Sunday, October 24, 2010

Top 10 . . .

Top Ten Quotes of the Last few weeks from the pookies . . .

10.  O:  "Daddy, Home.  Daddy, Home.  Daddy, Home."

 9.   O:  "Uh oh, hot poop."
 8.   E:   "Mommy, when you don't get it right the first time, you can't just quit." (I was driving)

 7.   E:   "We're at Walmart, where are the fudgeballs?" (I got lost - see above quote and nearly dropped the F-bomb.  I covered it up with fudgeballs.  She is ALWAYS listening."

 6.   PaPa: "O, who is your boyfriend?"  O: "pat-rick"

 5.   E:   "Mommy, are these frickin noodles?"  (two months ago I told her to eat her fricken noodles)
 4.   E:   "Mommy I'll give you two choices, you can give me gummies or candy."  (I usually give her two choices - one good and one awful to persuade her into making the choice I want her to.)

 3.   E:  "Mommy, the doughnuts are right over there.  Jadyn likes doughnuts.  If she wanted to eat those doughnuts at Mema's house, I would eat them to because I am her friend."

 2.  E:   "Mommy, thats the last zuzu pet baby.  It is all alone without a Mommy.  We have to take it home to Daisy - she can be her Mommy."

 1.  E:   "Ever since you had THAT baby, I only get one arm."

Still alive . . .

Between D being home and adjusting to D not being home, I haven't had the time or to be quite honest the energy to keep up!  I received my usual, "are you alive" calls this week and realized it was time to come out of my self inflicted emotional hibernation.   I tend to disappear into a world of comfort . . . of bagels, diet coke, gilmore girls, and snuggles.  I do this partly because these are my favorite things and your favorite things develop from  your past and who you are.  It seems like this is pushing it, but I'll break it down.

Bagels:  My Dad loves bagels.  Some of my best memories of being a little girl involved bagels with my Dad at the breakfast table.  We still have them when he comes up to visit.  Anytime I see a bagel it makes me think of my Dad and makes me feel safe.  His favorite is cinnamon sugar - so is Emma's . . .

Diet Coke:  Most of my high school and college memories involve diet coke.  Whether it was late nights in a friend's attic talking about first loves over chicken stuff.  Late afternoons with chips with lime discussing the issues that shaped a lot of what I believe.  Or early morning studying and learning how to spend time by myself and be happy.

Gilmore Girls:  Most people don't know this, but this a show I watched with my Mom in highschool.  On tuesday nights in college I always called my Mom after gilmore girls.  It is something that we have shared, even when we were mad at each other.  Even when we weren't seeing eye to eye.

You can read it as over analyzing, but if you look at your comfort routines, I bet you find the same things . . .

Tuesday, October 5, 2010

Behold the Power of Girlfriends (serious, just this once)

I think the number one issue in my life right now as a military wife and mother, and who are we kidding, a wife and mother in general is finding balance between nurturing my own identity and nurturing my children’s identity. 

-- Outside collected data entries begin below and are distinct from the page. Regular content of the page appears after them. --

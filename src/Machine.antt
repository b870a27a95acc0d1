-- ===== src/Machine.antt =====
-- What the programs ask of the machine that they run on: file status, symbolic links and accounts.
-- These answers are parameters; nothing is assumed of them.
use qpu_resource.Prelude.{ℕ, Bool, Option, Text}
use qpu_resource.Errors.{Reply}

-- `os.FileInfo`, with the owner where the system gives one.
pub record FileInfo : Type 0 where
  pub uid : Option ℕ
  pub is_dir : Bool
  pub is_regular : Bool
  pub perm : ℕ

-- `user.User`: the numeric id is a text, as in Go.
pub record Account : Type 0 where
  pub uid : Text
  pub home_dir : Text

pub record Machine : Type 0 where
  pub eval_symlinks : Text → Reply Text
  pub stat : Text → Reply FileInfo
  pub lstat : Text → Reply FileInfo
  pub effective_uid : ℕ
  pub real_uid : ℕ
  pub lookup_id : Text → Reply Account
  pub lookup_user : Text → Reply Account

In the pre-marriage, pre-commitment, pre-kid phase our partners are typically initially attracted to us because of our interests, our talents, or zest for life.  We are passionate about similar issues.  We enjoy the same the same things.  We stay up all night talking and our sex life isn’t something that we have to work at.   Then at some point you find yourself at Target on a Saturday morning  in your husband’s sweats and on old fleece (because post baby your yoga pants aren’t as forgiving as they used to be) trying to remember if you brushed your teeth . . .  and you realize you are starting to lose yourself in your own life.  Take solace in the fact that, whether we admit it or not, we’ve all been there.

I feel it all the time, and for a long time was scared to say a word about.  My whole life I have been taught about the awesome responsibility, but also great privilege of motherhood.  You are told about the feeling when you first hold your baby and the connection you feel.  You are told about all of the wonderful milestones your children will accomplish and the sense of accomplishment you will both feel.  You aren’t told about the days and nights when you feel like you just can’t take it, in fact you feel weak for even thinking it, let alone discussing it.  You aren’t told about sacrificing a piece of you as a mother – it is an invisible battle scar that we all share. 

Behold the power of girlfriends.  I credit my girlfriends for keeping me sane – for forcing me to make time for me – for nurturing who I am.  In large ways and smaller ways, they support me as a mother, as a wife, and most importantly as a person.  They say it takes the village to raise the child – but it really takes the village to raise the mother.  There is no training course - we aren’t born knowing what to do.  We learn by trial and error and we learn through the relationships that we form with one another.

This is not to say that my husband does not support me.  He is my best friend, the peas to my carrots, my biggest supporter, and my number one fan and I am the same for him.  My world is a richer and better place because of him. 

There is just also something to be said about the power of girlfriends.